Below are entries; output exactly the lines from the one with "restart_missing (i +" to the one with "send_all signal (p", both included, and nothing else.

DATA EXTRACTS —
%%

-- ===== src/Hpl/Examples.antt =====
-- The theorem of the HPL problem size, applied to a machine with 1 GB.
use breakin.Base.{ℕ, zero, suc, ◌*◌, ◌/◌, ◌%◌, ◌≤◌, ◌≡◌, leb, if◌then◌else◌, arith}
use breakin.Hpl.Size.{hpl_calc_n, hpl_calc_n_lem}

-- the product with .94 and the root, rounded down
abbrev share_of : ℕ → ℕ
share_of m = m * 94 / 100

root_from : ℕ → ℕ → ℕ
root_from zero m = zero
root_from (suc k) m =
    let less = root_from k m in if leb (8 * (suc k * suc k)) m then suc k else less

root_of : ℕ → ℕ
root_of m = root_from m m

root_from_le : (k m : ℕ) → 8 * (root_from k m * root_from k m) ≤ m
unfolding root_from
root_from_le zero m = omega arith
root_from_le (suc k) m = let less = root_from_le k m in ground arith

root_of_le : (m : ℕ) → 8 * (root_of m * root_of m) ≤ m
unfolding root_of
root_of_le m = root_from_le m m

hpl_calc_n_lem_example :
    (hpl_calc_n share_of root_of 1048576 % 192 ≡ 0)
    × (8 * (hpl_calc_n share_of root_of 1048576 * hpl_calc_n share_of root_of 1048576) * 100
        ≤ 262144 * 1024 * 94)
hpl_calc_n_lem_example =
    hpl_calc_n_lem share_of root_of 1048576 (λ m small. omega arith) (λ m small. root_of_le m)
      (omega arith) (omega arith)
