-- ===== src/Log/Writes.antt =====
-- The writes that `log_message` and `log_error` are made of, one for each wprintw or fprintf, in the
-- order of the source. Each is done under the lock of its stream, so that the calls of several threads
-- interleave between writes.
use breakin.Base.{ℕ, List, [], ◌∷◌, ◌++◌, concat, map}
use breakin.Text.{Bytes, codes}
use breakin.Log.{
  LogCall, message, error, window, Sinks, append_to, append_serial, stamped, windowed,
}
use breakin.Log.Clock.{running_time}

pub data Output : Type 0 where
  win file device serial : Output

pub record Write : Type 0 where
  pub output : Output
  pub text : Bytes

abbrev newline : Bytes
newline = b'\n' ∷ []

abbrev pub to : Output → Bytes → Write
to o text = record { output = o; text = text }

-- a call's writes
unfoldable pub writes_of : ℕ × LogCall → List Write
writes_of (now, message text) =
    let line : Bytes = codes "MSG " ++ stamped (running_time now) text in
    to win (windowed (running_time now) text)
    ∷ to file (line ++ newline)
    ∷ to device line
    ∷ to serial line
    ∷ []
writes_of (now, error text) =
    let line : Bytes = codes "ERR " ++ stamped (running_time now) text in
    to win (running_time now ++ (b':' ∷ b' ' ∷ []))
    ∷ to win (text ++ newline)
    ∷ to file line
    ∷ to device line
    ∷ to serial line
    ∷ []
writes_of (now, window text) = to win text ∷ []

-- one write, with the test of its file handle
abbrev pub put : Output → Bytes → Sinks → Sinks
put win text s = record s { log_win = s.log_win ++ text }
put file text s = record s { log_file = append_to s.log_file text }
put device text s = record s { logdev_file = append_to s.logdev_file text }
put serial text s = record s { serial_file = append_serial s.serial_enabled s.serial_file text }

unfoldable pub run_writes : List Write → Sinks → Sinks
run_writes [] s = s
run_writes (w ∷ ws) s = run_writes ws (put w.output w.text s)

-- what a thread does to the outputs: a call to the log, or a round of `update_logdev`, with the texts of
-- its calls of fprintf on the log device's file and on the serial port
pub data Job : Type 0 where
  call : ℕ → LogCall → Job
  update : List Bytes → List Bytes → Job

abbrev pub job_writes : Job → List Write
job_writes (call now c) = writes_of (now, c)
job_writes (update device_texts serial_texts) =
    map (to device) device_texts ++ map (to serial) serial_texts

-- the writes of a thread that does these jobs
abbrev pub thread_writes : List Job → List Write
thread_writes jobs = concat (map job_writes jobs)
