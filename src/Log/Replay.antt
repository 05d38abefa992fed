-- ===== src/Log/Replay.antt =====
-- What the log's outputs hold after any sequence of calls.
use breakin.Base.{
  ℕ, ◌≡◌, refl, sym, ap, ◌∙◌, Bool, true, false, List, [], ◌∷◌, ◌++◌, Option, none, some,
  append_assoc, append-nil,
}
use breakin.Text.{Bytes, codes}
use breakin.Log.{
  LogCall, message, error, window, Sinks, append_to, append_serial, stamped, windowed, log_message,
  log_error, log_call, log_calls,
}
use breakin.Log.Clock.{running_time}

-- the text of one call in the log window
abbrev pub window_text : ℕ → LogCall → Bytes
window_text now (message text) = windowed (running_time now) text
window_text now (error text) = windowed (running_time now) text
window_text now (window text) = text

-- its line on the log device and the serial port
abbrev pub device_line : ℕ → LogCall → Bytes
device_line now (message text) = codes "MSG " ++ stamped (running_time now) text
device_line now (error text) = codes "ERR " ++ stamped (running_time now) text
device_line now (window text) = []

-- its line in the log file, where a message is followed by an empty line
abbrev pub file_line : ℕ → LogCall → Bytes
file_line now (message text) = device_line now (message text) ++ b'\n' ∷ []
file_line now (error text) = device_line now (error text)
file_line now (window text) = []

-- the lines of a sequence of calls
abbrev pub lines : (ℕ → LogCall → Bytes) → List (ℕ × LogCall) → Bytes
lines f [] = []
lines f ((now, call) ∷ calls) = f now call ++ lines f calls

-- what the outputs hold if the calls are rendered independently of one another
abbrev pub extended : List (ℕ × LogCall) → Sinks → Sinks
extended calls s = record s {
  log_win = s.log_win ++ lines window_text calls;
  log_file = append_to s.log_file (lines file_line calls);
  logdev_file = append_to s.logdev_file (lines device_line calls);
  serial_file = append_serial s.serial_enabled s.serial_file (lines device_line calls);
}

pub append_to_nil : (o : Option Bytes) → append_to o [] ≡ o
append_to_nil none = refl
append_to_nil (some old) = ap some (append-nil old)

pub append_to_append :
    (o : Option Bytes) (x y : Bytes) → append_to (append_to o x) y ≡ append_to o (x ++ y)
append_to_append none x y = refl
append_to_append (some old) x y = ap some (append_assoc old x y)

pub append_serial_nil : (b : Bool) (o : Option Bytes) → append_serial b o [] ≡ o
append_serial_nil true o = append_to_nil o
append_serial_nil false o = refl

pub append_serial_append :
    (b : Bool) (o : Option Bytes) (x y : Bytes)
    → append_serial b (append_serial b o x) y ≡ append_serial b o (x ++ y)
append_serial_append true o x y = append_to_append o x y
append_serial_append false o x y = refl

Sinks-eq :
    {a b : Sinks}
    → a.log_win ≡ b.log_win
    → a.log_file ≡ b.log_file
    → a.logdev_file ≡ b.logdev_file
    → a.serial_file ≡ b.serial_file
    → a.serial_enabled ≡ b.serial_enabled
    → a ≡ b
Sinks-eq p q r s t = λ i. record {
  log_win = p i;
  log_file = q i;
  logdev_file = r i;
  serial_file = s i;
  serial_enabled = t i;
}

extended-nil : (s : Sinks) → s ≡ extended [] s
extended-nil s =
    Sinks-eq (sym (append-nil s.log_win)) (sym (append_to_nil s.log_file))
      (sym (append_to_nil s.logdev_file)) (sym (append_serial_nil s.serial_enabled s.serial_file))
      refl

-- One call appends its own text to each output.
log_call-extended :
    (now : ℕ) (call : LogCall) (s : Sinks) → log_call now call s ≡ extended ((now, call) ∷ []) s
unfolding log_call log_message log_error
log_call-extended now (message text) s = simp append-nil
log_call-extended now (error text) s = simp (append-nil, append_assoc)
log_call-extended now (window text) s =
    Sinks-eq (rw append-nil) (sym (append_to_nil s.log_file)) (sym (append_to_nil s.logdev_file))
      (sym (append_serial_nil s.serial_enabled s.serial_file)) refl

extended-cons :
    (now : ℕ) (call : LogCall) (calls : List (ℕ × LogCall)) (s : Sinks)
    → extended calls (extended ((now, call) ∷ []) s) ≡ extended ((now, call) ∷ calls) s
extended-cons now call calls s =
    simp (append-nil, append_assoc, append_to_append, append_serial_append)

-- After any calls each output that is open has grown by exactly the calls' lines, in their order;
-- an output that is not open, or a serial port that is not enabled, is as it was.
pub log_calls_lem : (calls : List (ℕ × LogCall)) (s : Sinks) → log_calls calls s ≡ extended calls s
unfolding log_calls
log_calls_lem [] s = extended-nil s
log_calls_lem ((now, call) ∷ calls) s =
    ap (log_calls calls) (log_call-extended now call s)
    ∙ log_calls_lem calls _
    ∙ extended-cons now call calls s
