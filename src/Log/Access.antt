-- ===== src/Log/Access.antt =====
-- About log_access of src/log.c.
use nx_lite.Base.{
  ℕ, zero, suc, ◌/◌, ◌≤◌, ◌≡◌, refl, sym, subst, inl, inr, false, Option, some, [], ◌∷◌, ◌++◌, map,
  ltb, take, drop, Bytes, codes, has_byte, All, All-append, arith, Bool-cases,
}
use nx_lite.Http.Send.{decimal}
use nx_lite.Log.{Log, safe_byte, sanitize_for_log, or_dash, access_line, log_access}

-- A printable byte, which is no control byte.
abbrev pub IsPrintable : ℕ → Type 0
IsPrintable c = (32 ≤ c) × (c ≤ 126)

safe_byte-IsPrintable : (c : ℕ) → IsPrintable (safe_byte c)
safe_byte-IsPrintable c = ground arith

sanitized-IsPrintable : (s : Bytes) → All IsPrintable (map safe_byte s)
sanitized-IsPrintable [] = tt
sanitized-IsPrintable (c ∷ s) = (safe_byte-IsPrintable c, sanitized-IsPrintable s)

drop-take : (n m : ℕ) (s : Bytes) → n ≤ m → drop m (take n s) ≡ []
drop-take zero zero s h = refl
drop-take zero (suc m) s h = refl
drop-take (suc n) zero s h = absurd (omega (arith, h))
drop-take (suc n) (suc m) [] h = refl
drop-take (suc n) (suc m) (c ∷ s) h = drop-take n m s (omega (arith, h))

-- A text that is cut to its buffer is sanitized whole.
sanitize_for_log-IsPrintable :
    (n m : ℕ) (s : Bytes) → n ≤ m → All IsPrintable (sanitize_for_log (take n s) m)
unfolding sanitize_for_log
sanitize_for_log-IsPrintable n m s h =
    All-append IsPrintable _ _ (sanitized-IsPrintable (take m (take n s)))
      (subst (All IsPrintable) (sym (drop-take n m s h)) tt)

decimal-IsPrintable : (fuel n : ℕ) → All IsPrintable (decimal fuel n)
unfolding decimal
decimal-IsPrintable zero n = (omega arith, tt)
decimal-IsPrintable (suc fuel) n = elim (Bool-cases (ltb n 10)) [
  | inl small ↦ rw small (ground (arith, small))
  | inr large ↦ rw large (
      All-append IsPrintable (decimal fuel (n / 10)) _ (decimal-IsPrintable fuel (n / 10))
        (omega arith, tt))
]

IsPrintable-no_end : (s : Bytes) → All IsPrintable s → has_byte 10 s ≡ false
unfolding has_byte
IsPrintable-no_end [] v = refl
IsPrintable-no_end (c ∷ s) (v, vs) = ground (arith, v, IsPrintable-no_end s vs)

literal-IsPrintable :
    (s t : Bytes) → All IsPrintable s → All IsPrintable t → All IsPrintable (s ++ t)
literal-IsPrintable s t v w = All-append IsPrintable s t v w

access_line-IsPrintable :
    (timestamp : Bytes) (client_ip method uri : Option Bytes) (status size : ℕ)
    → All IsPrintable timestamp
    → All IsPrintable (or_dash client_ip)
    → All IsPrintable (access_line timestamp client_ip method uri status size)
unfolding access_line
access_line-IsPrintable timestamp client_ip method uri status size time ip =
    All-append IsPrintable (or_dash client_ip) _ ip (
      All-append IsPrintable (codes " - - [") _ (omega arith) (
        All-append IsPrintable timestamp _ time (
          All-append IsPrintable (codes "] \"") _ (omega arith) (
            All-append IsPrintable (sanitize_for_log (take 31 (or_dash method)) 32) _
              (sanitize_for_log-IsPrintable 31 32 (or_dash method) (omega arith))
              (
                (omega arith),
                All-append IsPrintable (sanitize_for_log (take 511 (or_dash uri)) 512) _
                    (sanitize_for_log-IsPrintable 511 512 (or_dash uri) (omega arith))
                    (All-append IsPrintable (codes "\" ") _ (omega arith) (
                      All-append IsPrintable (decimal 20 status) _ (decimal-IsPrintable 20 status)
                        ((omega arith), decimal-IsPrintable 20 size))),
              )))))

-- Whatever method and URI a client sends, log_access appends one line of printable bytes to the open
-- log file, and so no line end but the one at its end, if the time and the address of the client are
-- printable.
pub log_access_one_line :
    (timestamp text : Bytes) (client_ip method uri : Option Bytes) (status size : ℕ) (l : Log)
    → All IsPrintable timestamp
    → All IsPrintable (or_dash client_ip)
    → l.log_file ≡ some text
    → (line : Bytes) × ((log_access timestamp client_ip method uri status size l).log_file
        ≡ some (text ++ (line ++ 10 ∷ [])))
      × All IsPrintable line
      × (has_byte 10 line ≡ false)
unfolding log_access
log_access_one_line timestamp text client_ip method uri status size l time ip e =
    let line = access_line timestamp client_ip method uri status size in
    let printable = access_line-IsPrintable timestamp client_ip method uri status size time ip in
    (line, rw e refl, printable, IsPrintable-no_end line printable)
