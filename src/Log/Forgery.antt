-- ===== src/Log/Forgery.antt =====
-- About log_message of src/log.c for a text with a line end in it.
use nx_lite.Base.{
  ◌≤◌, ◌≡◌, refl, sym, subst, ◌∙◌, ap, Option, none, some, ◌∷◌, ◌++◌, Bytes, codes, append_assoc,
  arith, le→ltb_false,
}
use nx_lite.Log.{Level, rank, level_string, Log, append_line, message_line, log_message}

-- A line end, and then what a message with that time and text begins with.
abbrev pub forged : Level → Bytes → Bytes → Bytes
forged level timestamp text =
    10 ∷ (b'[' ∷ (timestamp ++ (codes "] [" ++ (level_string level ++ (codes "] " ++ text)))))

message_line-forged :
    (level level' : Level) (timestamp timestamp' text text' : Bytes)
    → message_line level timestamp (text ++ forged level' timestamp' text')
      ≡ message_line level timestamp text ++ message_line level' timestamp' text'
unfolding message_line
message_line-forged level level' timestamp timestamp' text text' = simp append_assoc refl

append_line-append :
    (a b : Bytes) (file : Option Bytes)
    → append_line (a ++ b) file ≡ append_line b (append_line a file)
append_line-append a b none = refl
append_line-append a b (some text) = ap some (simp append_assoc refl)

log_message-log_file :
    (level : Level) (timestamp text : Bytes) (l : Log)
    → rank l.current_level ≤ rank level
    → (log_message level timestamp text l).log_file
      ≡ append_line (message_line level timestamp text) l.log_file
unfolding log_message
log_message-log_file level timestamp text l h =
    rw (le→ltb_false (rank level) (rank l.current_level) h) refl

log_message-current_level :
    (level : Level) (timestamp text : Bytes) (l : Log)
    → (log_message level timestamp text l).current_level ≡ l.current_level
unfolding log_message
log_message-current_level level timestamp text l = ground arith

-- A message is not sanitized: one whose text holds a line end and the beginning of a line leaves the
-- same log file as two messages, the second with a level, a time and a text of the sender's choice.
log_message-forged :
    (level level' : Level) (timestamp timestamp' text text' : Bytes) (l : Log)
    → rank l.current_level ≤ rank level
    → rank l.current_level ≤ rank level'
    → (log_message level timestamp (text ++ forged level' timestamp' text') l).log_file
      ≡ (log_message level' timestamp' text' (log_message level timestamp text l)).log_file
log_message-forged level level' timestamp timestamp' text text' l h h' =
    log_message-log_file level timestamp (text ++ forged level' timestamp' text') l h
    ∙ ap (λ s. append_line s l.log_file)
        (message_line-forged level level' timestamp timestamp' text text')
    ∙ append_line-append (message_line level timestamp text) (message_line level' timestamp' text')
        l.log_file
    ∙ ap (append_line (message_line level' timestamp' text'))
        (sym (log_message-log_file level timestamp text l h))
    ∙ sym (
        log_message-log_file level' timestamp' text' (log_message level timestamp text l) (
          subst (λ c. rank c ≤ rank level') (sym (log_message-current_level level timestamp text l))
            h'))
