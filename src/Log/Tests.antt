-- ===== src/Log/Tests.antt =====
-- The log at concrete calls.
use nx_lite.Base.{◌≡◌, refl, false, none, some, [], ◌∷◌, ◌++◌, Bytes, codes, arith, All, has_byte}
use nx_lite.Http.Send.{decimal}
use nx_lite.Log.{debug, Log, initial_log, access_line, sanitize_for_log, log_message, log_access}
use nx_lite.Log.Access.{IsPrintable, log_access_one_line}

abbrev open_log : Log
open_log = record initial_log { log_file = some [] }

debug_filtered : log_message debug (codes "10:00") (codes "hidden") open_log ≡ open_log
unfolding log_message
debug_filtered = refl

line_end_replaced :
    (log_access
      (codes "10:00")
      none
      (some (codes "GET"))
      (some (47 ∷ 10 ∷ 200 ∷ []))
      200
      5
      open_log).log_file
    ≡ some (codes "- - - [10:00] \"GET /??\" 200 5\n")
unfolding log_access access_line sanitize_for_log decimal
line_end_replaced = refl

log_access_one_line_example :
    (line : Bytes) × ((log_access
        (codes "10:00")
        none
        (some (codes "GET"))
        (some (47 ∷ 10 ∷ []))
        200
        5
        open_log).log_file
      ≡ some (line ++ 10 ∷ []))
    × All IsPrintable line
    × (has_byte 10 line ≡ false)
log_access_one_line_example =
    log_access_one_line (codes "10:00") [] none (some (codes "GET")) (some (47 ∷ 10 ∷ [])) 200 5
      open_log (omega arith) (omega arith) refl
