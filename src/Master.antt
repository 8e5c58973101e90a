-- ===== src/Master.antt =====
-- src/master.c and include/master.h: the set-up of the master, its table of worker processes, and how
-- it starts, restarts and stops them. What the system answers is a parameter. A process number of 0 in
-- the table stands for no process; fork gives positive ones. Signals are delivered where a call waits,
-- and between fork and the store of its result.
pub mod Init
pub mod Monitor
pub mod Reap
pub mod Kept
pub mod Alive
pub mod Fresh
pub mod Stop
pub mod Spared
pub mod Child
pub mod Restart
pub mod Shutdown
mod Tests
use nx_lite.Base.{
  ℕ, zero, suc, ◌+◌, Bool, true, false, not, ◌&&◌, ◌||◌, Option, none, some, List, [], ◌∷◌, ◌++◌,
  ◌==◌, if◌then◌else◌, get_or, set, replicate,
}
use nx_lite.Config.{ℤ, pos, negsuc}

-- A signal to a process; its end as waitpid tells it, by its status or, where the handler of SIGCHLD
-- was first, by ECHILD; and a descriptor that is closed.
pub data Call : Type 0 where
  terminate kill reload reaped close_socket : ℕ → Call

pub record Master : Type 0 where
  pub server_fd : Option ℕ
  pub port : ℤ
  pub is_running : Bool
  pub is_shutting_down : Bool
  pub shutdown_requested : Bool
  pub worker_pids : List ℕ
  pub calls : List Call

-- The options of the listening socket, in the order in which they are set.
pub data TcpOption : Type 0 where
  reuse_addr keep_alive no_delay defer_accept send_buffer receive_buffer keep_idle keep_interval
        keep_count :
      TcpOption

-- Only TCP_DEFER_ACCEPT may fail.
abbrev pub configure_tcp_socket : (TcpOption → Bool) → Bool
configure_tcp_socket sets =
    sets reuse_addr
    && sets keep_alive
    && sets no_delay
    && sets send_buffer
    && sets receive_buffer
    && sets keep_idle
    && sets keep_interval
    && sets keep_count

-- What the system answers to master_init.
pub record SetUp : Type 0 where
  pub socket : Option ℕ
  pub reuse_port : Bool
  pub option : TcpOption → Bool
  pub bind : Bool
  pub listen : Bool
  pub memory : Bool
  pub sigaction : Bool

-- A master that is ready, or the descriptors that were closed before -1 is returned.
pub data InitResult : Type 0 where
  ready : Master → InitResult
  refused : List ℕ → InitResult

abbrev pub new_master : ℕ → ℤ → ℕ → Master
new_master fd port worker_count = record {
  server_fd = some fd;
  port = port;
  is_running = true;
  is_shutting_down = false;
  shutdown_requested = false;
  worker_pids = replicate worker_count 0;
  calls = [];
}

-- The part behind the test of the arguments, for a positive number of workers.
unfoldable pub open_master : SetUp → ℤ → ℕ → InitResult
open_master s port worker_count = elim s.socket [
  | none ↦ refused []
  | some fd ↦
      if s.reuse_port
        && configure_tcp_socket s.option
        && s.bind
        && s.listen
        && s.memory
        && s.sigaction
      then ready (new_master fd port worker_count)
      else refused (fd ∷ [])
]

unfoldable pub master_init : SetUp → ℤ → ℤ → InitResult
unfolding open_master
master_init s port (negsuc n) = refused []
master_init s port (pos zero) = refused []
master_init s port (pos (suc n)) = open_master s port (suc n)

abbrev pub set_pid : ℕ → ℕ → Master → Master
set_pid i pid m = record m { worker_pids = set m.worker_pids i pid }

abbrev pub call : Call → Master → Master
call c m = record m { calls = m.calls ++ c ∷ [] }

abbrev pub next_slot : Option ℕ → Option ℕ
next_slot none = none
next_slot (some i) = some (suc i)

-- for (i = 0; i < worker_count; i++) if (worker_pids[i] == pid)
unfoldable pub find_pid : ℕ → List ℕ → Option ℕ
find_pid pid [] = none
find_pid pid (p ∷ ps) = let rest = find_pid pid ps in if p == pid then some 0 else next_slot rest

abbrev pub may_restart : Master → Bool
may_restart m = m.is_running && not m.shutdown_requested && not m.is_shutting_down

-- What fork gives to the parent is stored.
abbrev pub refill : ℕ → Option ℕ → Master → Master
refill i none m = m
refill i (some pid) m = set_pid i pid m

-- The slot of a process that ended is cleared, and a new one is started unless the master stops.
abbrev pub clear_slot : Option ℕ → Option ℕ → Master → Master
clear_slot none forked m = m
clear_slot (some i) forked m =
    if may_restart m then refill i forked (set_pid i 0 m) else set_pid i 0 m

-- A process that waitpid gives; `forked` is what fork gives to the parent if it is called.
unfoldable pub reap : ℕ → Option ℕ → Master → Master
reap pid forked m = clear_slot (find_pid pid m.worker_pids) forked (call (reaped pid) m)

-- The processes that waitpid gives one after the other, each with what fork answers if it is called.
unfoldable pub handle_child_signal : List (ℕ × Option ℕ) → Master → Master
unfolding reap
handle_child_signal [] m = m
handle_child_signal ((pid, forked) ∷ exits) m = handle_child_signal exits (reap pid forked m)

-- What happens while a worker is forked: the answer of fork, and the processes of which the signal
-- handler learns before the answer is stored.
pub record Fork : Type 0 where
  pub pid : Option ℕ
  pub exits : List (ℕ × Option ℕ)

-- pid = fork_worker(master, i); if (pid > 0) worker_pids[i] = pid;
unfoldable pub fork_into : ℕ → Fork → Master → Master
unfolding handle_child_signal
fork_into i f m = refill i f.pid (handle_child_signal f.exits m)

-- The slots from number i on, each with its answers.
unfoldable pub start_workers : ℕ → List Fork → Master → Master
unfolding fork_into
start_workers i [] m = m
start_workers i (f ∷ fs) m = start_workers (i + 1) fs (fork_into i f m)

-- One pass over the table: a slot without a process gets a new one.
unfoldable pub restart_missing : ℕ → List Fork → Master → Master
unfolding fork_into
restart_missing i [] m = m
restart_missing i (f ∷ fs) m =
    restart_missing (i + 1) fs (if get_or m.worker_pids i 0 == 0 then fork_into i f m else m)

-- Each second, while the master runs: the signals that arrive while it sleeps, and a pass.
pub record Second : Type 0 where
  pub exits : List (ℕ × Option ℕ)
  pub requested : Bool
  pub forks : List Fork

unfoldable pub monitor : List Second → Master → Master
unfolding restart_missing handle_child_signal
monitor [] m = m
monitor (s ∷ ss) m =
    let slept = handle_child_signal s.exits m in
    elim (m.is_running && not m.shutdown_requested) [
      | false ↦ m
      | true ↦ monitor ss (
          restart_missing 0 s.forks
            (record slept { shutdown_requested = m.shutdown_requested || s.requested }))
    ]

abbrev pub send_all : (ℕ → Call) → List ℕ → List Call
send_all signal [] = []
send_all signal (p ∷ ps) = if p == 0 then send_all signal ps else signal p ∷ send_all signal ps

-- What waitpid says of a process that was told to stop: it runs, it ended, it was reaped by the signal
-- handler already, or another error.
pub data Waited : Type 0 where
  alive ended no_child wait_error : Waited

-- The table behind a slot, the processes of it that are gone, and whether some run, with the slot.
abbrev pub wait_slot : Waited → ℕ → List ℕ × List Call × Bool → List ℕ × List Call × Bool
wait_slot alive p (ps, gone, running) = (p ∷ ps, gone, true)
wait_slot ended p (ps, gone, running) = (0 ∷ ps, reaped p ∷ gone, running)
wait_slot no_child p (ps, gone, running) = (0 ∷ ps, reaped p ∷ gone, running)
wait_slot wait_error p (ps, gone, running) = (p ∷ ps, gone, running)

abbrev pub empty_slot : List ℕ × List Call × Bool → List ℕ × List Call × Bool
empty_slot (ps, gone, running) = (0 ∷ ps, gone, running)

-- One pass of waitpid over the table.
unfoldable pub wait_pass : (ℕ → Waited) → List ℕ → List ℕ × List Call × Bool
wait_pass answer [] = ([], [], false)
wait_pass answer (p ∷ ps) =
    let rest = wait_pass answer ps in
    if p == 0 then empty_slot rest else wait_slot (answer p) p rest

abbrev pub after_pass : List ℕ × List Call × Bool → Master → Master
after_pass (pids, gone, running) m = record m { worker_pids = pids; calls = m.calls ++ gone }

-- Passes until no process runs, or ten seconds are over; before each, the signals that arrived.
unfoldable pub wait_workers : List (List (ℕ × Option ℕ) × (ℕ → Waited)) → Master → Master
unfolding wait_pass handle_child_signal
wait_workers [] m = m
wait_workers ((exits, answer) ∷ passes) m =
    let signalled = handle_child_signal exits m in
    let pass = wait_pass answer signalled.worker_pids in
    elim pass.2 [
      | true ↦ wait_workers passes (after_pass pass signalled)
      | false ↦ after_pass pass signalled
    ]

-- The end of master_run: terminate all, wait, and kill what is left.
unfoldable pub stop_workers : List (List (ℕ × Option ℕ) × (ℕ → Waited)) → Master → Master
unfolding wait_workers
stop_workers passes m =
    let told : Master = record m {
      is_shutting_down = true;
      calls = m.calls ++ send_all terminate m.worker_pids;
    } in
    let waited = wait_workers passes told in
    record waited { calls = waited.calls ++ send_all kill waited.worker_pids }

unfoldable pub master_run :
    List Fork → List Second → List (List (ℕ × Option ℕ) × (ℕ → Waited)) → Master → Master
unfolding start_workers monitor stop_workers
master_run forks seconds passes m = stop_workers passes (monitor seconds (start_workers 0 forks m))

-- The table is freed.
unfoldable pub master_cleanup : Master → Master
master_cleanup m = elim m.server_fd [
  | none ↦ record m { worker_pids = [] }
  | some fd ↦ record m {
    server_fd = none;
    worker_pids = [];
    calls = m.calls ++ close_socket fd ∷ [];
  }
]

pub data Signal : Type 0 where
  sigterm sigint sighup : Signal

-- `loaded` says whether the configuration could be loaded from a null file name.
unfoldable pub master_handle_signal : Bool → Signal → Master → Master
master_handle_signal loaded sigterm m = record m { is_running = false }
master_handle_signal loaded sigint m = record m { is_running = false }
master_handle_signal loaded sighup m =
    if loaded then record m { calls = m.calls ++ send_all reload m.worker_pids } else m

%%

SOLUTION FOR THIS PROBLEM —
    restart_missing (i + 1) fs (if get_or m.worker_pids i 0 == 0 then fork_into i f m else m)

-- Each second, while the master runs: the signals that arrive while it sleeps, and a pass.
pub record Second : Type 0 where
  pub exits : List (ℕ × Option ℕ)
  pub requested : Bool
  pub forks : List Fork

unfoldable pub monitor : List Second → Master → Master
unfolding restart_missing handle_child_signal
monitor [] m = m
monitor (s ∷ ss) m =
    let slept = handle_child_signal s.exits m in
    elim (m.is_running && not m.shutdown_requested) [
      | false ↦ m
      | true ↦ monitor ss (
          restart_missing 0 s.forks
            (record slept { shutdown_requested = m.shutdown_requested || s.requested }))
    ]

abbrev pub send_all : (ℕ → Call) → List ℕ → List Call
send_all signal [] = []
send_all signal (p ∷ ps) = if p == 0 then send_all signal ps else signal p ∷ send_all signal ps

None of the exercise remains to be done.